[Saved entries]

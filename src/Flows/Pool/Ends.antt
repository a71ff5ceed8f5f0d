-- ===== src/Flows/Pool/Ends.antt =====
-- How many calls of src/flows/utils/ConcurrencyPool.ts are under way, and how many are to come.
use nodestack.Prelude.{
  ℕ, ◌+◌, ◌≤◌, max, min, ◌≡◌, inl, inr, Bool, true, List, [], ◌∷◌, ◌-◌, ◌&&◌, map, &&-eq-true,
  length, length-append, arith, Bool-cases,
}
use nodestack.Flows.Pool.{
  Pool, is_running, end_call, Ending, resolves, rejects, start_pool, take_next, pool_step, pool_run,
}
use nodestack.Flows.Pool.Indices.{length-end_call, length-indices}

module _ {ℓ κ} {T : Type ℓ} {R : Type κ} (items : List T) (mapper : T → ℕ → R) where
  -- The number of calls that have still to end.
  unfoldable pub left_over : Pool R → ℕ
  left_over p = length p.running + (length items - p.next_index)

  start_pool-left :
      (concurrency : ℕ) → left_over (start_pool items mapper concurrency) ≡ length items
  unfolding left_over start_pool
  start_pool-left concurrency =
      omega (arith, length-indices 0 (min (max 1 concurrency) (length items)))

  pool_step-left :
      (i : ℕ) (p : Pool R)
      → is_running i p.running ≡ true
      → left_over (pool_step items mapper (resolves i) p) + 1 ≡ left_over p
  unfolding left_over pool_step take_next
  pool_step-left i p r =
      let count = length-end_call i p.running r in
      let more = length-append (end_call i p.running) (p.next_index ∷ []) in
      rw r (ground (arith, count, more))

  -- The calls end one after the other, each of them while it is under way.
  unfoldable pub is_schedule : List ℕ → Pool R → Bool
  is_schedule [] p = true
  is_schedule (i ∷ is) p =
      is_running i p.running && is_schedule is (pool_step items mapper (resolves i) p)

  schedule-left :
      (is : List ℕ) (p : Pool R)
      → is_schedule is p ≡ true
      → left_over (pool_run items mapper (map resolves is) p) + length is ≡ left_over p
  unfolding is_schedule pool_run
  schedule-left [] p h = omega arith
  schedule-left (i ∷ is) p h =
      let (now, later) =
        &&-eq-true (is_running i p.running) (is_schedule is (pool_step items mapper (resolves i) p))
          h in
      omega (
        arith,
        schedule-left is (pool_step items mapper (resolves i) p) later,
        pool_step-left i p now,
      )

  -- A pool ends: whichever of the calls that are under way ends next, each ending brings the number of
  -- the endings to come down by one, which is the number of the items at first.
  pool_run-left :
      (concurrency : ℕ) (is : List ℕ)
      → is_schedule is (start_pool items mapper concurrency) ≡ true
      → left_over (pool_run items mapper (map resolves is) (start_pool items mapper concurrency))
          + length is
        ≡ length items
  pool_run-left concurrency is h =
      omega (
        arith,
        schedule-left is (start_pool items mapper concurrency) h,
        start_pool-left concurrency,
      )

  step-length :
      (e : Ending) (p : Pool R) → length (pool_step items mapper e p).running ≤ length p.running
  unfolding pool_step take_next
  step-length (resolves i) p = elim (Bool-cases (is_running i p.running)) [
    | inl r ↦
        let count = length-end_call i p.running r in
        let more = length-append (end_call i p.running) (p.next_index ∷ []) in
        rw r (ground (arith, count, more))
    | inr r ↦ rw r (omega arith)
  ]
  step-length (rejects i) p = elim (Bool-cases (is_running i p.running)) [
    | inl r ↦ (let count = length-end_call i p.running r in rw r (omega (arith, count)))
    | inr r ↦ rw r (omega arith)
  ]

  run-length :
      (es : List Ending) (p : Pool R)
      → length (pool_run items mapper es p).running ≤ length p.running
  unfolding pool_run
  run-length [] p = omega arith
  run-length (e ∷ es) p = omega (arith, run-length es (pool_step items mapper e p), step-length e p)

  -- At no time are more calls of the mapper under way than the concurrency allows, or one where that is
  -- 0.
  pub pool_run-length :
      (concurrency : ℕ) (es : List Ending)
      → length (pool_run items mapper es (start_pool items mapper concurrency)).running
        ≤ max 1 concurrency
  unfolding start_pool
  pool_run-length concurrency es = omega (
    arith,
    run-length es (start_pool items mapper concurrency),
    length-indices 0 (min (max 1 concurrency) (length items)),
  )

What the task asks:
Check each line of the data above for the word "that" and copy the ones where it is found.

Exercise result:
  -- The number of calls that have still to end.
  -- A pool ends: whichever of the calls that are under way ends next, each ending brings the number of
  -- At no time are more calls of the mapper under way than the concurrency allows, or one where that is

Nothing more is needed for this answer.